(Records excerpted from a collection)

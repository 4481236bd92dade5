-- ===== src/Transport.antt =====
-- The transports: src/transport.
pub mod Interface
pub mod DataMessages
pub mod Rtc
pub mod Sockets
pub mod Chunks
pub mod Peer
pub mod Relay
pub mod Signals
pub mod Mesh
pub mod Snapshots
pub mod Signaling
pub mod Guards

==

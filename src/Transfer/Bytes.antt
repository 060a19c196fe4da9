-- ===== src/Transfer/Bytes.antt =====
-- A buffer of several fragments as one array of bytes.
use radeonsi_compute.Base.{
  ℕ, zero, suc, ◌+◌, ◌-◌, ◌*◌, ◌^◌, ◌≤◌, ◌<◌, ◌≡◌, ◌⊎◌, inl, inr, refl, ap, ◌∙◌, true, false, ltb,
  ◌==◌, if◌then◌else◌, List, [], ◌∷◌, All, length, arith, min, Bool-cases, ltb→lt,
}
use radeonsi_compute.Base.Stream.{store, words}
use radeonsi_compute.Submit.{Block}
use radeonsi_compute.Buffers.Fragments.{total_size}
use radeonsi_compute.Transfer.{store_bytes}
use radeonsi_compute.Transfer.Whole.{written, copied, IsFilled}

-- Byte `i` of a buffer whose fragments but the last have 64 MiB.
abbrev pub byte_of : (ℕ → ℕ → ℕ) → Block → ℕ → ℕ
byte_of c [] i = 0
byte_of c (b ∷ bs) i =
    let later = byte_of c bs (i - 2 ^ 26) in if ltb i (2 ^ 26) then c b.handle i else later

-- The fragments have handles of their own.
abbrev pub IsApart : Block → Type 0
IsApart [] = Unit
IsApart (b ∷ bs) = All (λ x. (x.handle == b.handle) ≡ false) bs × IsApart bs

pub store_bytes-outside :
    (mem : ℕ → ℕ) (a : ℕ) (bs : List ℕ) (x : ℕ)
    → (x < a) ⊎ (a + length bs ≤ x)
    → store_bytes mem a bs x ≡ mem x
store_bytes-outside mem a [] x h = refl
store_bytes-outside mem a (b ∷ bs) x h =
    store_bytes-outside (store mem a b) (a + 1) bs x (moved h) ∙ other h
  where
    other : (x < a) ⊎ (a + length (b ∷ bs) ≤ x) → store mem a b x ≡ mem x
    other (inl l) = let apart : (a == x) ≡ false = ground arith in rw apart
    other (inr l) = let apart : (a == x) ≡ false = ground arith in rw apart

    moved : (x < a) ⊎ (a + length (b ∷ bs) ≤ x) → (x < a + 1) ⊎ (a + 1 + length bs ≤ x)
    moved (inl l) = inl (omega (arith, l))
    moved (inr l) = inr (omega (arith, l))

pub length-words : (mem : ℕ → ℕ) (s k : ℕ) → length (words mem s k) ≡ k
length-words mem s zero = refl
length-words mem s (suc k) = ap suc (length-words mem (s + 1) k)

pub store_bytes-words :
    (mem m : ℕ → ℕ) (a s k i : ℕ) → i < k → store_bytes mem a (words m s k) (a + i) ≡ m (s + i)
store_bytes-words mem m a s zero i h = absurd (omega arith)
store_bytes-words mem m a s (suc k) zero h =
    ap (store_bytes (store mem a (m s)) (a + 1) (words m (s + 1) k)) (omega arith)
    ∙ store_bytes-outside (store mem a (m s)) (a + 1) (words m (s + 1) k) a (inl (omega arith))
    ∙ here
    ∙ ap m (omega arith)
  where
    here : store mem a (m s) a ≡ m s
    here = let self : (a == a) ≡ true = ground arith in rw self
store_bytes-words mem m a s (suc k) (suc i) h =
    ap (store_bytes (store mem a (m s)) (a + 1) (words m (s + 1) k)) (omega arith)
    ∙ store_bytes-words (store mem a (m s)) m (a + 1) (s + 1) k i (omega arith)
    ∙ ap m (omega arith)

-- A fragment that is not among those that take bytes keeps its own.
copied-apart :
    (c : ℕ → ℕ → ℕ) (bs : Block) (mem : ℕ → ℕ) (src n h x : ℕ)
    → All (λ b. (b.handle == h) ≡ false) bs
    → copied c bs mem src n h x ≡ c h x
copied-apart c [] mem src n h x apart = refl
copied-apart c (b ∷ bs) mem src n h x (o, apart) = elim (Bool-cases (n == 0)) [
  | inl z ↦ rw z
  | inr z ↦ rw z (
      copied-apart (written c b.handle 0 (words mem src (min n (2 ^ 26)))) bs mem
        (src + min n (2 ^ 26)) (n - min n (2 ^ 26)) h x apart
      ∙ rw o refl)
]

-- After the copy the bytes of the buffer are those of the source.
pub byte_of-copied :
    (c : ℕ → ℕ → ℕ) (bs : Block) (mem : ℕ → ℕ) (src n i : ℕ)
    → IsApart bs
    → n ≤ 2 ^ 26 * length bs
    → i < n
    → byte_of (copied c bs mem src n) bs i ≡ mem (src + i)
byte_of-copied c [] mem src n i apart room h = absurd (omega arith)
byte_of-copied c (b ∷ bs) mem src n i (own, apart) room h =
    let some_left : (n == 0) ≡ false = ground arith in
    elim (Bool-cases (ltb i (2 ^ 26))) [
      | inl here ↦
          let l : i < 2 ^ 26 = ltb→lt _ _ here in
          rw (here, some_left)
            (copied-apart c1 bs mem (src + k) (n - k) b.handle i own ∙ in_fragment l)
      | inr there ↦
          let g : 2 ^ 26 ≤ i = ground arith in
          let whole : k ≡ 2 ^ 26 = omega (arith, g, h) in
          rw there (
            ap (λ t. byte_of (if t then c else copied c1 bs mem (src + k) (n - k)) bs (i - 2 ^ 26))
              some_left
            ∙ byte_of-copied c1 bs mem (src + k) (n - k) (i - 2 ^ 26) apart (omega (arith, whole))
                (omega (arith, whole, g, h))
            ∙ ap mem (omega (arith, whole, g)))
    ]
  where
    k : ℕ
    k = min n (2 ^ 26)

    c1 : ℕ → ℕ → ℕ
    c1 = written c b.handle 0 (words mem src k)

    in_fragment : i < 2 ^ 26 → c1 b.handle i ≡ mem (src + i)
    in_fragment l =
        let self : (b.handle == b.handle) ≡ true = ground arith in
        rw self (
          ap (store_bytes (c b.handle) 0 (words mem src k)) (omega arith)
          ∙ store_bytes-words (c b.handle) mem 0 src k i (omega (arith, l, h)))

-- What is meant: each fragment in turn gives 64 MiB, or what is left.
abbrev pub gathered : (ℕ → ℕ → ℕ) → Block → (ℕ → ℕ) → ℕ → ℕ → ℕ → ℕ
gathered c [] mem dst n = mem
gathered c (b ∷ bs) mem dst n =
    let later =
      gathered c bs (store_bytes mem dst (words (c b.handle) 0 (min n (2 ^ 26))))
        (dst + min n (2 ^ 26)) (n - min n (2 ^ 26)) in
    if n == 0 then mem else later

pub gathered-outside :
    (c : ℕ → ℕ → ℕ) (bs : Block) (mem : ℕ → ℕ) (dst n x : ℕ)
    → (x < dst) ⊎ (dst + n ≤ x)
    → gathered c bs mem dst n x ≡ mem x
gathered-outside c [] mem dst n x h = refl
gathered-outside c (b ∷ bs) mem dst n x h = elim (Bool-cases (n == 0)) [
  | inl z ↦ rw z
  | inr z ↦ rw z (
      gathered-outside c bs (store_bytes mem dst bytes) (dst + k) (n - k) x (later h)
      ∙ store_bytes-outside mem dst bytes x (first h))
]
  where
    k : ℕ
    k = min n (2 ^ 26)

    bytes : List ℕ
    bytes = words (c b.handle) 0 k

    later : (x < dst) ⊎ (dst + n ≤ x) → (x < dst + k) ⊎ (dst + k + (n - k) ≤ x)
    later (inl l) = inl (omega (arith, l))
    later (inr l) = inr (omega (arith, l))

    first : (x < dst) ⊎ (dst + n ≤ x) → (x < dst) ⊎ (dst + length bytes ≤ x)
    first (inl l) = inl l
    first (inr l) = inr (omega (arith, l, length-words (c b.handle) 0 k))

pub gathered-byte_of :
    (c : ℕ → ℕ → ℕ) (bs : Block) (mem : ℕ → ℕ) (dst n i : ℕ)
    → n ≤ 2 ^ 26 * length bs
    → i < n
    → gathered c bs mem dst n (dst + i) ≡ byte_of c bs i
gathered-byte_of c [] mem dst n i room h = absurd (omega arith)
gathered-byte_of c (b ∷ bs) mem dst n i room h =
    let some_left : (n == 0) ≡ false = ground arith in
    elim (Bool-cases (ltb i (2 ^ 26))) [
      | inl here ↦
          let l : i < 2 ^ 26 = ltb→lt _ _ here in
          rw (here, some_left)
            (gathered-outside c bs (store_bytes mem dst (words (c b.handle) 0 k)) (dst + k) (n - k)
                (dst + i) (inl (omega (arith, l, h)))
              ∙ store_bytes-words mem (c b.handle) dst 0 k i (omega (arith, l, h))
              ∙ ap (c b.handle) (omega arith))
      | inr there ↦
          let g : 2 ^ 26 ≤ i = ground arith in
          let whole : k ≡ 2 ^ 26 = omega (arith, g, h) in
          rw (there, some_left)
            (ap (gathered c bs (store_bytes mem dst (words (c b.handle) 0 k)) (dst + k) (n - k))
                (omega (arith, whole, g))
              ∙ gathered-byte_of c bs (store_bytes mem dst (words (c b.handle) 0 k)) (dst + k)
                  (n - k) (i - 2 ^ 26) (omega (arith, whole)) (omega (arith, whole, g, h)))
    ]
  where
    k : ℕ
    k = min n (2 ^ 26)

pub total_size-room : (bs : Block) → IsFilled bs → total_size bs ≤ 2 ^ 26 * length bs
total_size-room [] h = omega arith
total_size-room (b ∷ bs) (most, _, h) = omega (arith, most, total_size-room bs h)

Work instructions: Among the lines above, which ones hold the string "first"? Show them.

Exercise solution:
      ∙ store_bytes-outside mem dst bytes x (first h))
    first : (x < dst) ⊎ (dst + n ≤ x) → (x < dst) ⊎ (dst + length bytes ≤ x)
    first (inl l) = inl l
    first (inr l) = inr (omega (arith, l, length-words (c b.handle) 0 k))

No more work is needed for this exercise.